The answer is every line in the data below that contains the word "Waited".

--- Material provided ---

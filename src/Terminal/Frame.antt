-- ===== src/Terminal/Frame.antt =====
-- Writing to the terminal keeps the cursor on the screen and touches no other video memory.
use orca_os.Base.{
  ℕ, zero, suc, ◌+◌, ◌≡◌, refl, arith, Bool-cases, inl, inr, ℤ, pos, pos_part, Memory, for_range,
  ◌==◌,
}
use orca_os.Screen.{Screen, putc, shift_rows_up, update_cursor}
use orca_os.Screen.Frame.{
  IsOnScreen, Keeps, Keeps-refl, Keeps-trans, putc-Keeps, putc_line_runover-Keeps_return,
  putc_newline-Keeps, update_cursor-Keeps,
}
use orca_os.Console.{Console}
use orca_os.Terminal.{
  terminal_open, terminal_close, spaced, write_char, write_string_to_screen, terminal_write,
}

space_first : (ch : ℕ) (c : Console) → IsOnScreen c.screen → Keeps c.screen (spaced ch c).screen
unfolding spaced
space_first ch c v = elim (Bool-cases (ch == 0)) [
  | inl e ↦ rw e (putc-Keeps 0x20 c.screen (omega arith) (omega arith) v)
  | inr e ↦ rw e (Keeps-refl c.screen v)
]

newline_row : (s : Screen) → IsOnScreen s → Keeps s (update_cursor (putc 10 (shift_rows_up s)))
newline_row s v =
    let k = putc_newline-Keeps s v in
    Keeps-trans s (putc 10 (shift_rows_up s)) _ k (update_cursor-Keeps _ k.on_screen)

pub write_char-Keeps :
    (ch : ℕ) (c : Console) → IsOnScreen c.screen → Keeps c.screen (write_char ch c).screen
unfolding write_char
write_char-Keeps ch c v =
    let k = space_first ch c v in
    elim (Bool-cases (ch == 10)) [
      | inl e ↦ rw e (Keeps-trans c.screen (spaced ch c).screen _ k (newline_row _ k.on_screen))
      | inr e ↦ rw e (
          Keeps-trans c.screen (spaced ch c).screen _ k
            (putc_line_runover-Keeps_return ch (spaced ch c).screen (ground arith) k.on_screen))
    ]

write_loop-Keeps :
    (s : Memory) (n i : ℕ) (c : Console)
    → IsOnScreen c.screen
    → Keeps c.screen (for_range n i (λ i. write_char (s i)) c).screen
unfolding for_range
write_loop-Keeps s zero i c v = Keeps-refl c.screen v
write_loop-Keeps s (suc n) i c v =
    let k = write_char-Keeps (s i) c v in
    Keeps-trans c.screen (write_char (s i) c).screen _ k
      (write_loop-Keeps s n (i + 1) (write_char (s i) c) k.on_screen)

-- Whatever bytes are written, and however many, with the cursor on the screen: the cursor is on
-- the screen afterwards, no byte outside the screen's 4000 and no saved cursor has changed, and the
-- result is the number of bytes, 0 for a negative count.
pub terminal_write-Keeps :
    (buf : Memory) (nbytes : ℤ) (c : Console)
    → IsOnScreen c.screen
    → Keeps c.screen (terminal_write buf nbytes c).0.screen
      × ((terminal_write buf nbytes c).1 ≡ pos (pos_part nbytes))
unfolding terminal_write write_string_to_screen terminal_open terminal_close
terminal_write-Keeps buf nbytes c v =
    (write_loop-Keeps buf (pos_part nbytes) 0 (terminal_open c).0 v, refl)
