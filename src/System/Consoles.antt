-- ===== src/System/Consoles.antt =====
-- The terminal's calls, and the validity of the console.
use orca_os.Base.{
  ℕ, zero, suc, ◌+◌, ◌≡◌, arith, ℤ, pos_part, if_cases, Option, none, some, List, [], ◌∷◌, Memory,
  for_range, true, false,
}
use orca_os.Console.{Keys, Console, on_screen, on_keys}
use orca_os.Terminal.{
  wipe, terminal_open, terminal_close, spaced, write_char, write_string_to_screen, terminal_write,
}
use orca_os.Terminal.Frame.{write_char-Keeps}
use orca_os.Keyboard.{keyboard_handler}
use orca_os.Keyboard.Modifiers.{IsKeys}
use orca_os.Keyboard.Frame.{IsConsole, on_screen-IsConsole}
use orca_os.Keyboard.Handler.{keyboard_handler-IsConsole}
use orca_os.Keyboard.Read.{wait_enter, take_line, after_wait, terminal_read}

-- Shorter lines, and other flags that agree on shift.
wiped-IsConsole : (c : Console) → IsConsole c → IsConsole (terminal_open c).0
unfolding terminal_open wipe
wiped-IsConsole c v = record {
  shown = v.shown;
  fits = λ t. ground (arith, v.fits t);
  cursor = v.cursor;
  saved_columns = v.saved_columns;
  saved_rows = v.saved_rows;
  flags = v.flags;
}

pub terminal_close-IsConsole : (c : Console) → IsConsole c → IsConsole (terminal_close c).0
unfolding terminal_close wipe
terminal_close-IsConsole c v = record {
  shown = v.shown;
  fits = λ t. ground (arith, v.fits t);
  cursor = v.cursor;
  saved_columns = v.saved_columns;
  saved_rows = v.saved_rows;
  flags = v.flags;
}

-- A character changes only the screen.
write_char-screen :
    (ch : ℕ) (c : Console) → write_char ch c ≡ on_screen (λ s. (write_char ch c).screen) c
unfolding write_char spaced
write_char-screen ch c = ground arith

write_char-IsConsole : (ch : ℕ) (c : Console) → IsConsole c → IsConsole (write_char ch c)
write_char-IsConsole ch c v =
    rw (write_char-screen ch c)
      (on_screen-IsConsole (λ s. (write_char ch c).screen) c v (write_char-Keeps ch c v.cursor))

write_loop-IsConsole :
    (s : Memory) (n i : ℕ) (c : Console)
    → IsConsole c
    → IsConsole (for_range n i (λ i. write_char (s i)) c)
unfolding for_range
write_loop-IsConsole s zero i c v = v
write_loop-IsConsole s (suc n) i c v =
    write_loop-IsConsole s n (i + 1) (write_char (s i) c) (write_char-IsConsole (s i) c v)

pub terminal_write-IsConsole :
    (buf : Memory) (n : ℤ) (c : Console) → IsConsole c → IsConsole (terminal_write buf n c).0
unfolding terminal_write write_string_to_screen
terminal_write-IsConsole buf n c v =
    terminal_close-IsConsole _
      (write_loop-IsConsole buf (pos_part n) 0 (terminal_open c).0 (wiped-IsConsole c v))

-- What a wait comes to is valid, if it ends.
abbrev Waited : Option (Console × List ℕ) → Type 0
Waited none = Unit {0}
Waited (some (c, rest)) = IsConsole c

wait_enter-IsConsole : (codes : List ℕ) (c : Console) → IsConsole c → Waited (wait_enter codes c)
unfolding wait_enter
wait_enter-IsConsole [] c v = tt
wait_enter-IsConsole (code ∷ codes) c v =
    let c1 = keyboard_handler code c in
    let w = keyboard_handler-IsConsole code c v in
    if_cases Waited c1.keys.enter (λ e. w) (λ e. wait_enter-IsConsole codes c1 w)

-- The same console with other flags, which agree on shift.
with_flags-IsConsole :
    (f : Keys → Keys) (c : Console) → IsKeys (f c.keys) → IsConsole c → IsConsole (on_keys f c)
with_flags-IsConsole f c h v = record {
  shown = v.shown;
  fits = v.fits;
  cursor = v.cursor;
  saved_columns = v.saved_columns;
  saved_rows = v.saved_rows;
  flags = h;
}

take_line-IsConsole :
    (buf : Memory) (n : ℤ) (c : Console) → IsConsole c → IsConsole (take_line buf n c).0
unfolding take_line
take_line-IsConsole buf n c v = record {
  shown = v.shown;
  fits = λ t. ground (arith, v.fits t);
  cursor = v.cursor;
  saved_columns = v.saved_columns;
  saved_rows = v.saved_rows;
  flags = v.flags;
}

abbrev pub Read : Option (Console × List ℕ × Memory × ℤ) → Type 0
Read none = Unit {0}
Read (some (c, rest, out, r)) = IsConsole c

after_wait-IsConsole :
    (buf : Memory) (n : ℤ) (o : Option (Console × List ℕ)) → Waited o → Read (after_wait buf n o)
unfolding after_wait
after_wait-IsConsole buf n none w = tt
after_wait-IsConsole buf n (some (c, rest)) w = take_line-IsConsole buf n _ (
    with_flags-IsConsole (λ k. record k { line_run_over_flag = false }) c
      (record { either = w.flags.either; not_both = w.flags.not_both }) w)

pub terminal_read-IsConsole :
    (codes : List ℕ) (buf : Memory) (n : ℤ) (c : Console)
    → IsConsole c
    → Read (terminal_read codes buf n c)
unfolding terminal_read
terminal_read-IsConsole codes buf n c v =
    let c1 = on_keys (λ k. record k { enter = false; line_run_over_flag = true }) c in
    after_wait-IsConsole buf n (wait_enter codes c1) (
      wait_enter-IsConsole codes c1 (
        with_flags-IsConsole (λ k. record k { enter = false; line_run_over_flag = true }) c
          (record { either = v.flags.either; not_both = v.flags.not_both }) v))
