-- ===== src/System/Limits.antt =====
-- The limits of the kernel's state, and how they are handed on.
use orca_os.Base.{ℕ, ◌≤◌, ◌≡◌, sym, ap, subst, arith}
use orca_os.Console.{Console}
use orca_os.Keyboard.Frame.{IsConsole}
use orca_os.Process.{Kernel, below}
use orca_os.Process.Calls.{Outcome, ret, waits, jumps}
use orca_os.System.Calm.{Calm}

-- No block, or one of those that lie below 8 MB at 8 KB from each other, the first at 8 MB.
pub data IsBlock (a : ℕ) : Type 0 where
  nowhere : a ≡ 0 → IsBlock a
  block : (n : ℕ) → n ≤ 6 → a ≡ below n → IsBlock a

-- At most six processes, numbered 0 to 5, on three terminals; the program that is mapped has one
-- of the first eight four-megabyte frames.
pub record Limits (k : Kernel) : Type 0 where
  pub console : IsConsole k.console
  pub current : IsBlock k.current_pcb
  pub number : k.process_number ≤ 6
  pub recover : k.schedule.recover_num ≤ 6
  pub frame : (k.pages.directory 32).upper_address ≤ 7
  pub numbers : (a : ℕ) → (k.pcbs a).process_num ≤ 5
  pub slots : (a i : ℕ) → (k.pcbs a).active_processes i ≤ 5
  pub home : (a : ℕ) → (k.pcbs a).parent_terminal ≤ 2

pub Calm-Limits : (k k' : Kernel) → Calm k k' → Limits k → Limits k'
Calm-Limits k k' c v = record {
  console = subst IsConsole (sym c.console) v.console;
  current = subst IsBlock (sym c.current) v.current;
  number = omega (arith, c.number, v.number);
  recover = omega (arith, c.recover, v.recover);
  frame = omega (arith, c.frame, v.frame);
  numbers = λ a. omega (arith, c.numbers a, v.numbers a);
  slots = λ a i. omega (arith, ap (λ (s : ℕ → ℕ). s i) (c.slots a), v.slots a i);
  home = λ a. omega (arith, c.home a, v.home a);
}

-- A step that changes only the console, and whatever the limits do not speak of.
pub with_console-Limits :
    (c : Console) (k : Kernel) → IsConsole c → Limits k → Limits (record k { console = c })
with_console-Limits c k w v = record {
  console = w;
  current = v.current;
  number = v.number;
  recover = v.recover;
  frame = v.frame;
  numbers = v.numbers;
  slots = v.slots;
  home = v.home;
}

-- A call that returns does so within the limits.
abbrev pub Within : Outcome → Type 0
Within (ret k buf r) = Limits k
Within waits = Unit {0}
Within (jumps a) = Unit {0}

---

Task response:
abbrev Waited : Option (Console × List ℕ) → Type 0
Waited none = Unit {0}
Waited (some (c, rest)) = IsConsole c
wait_enter-IsConsole : (codes : List ℕ) (c : Console) → IsConsole c → Waited (wait_enter codes c)
    if_cases Waited c1.keys.enter (λ e. w) (λ e. wait_enter-IsConsole codes c1 w)
    (buf : Memory) (n : ℤ) (o : Option (Console × List ℕ)) → Waited o → Read (after_wait buf n o)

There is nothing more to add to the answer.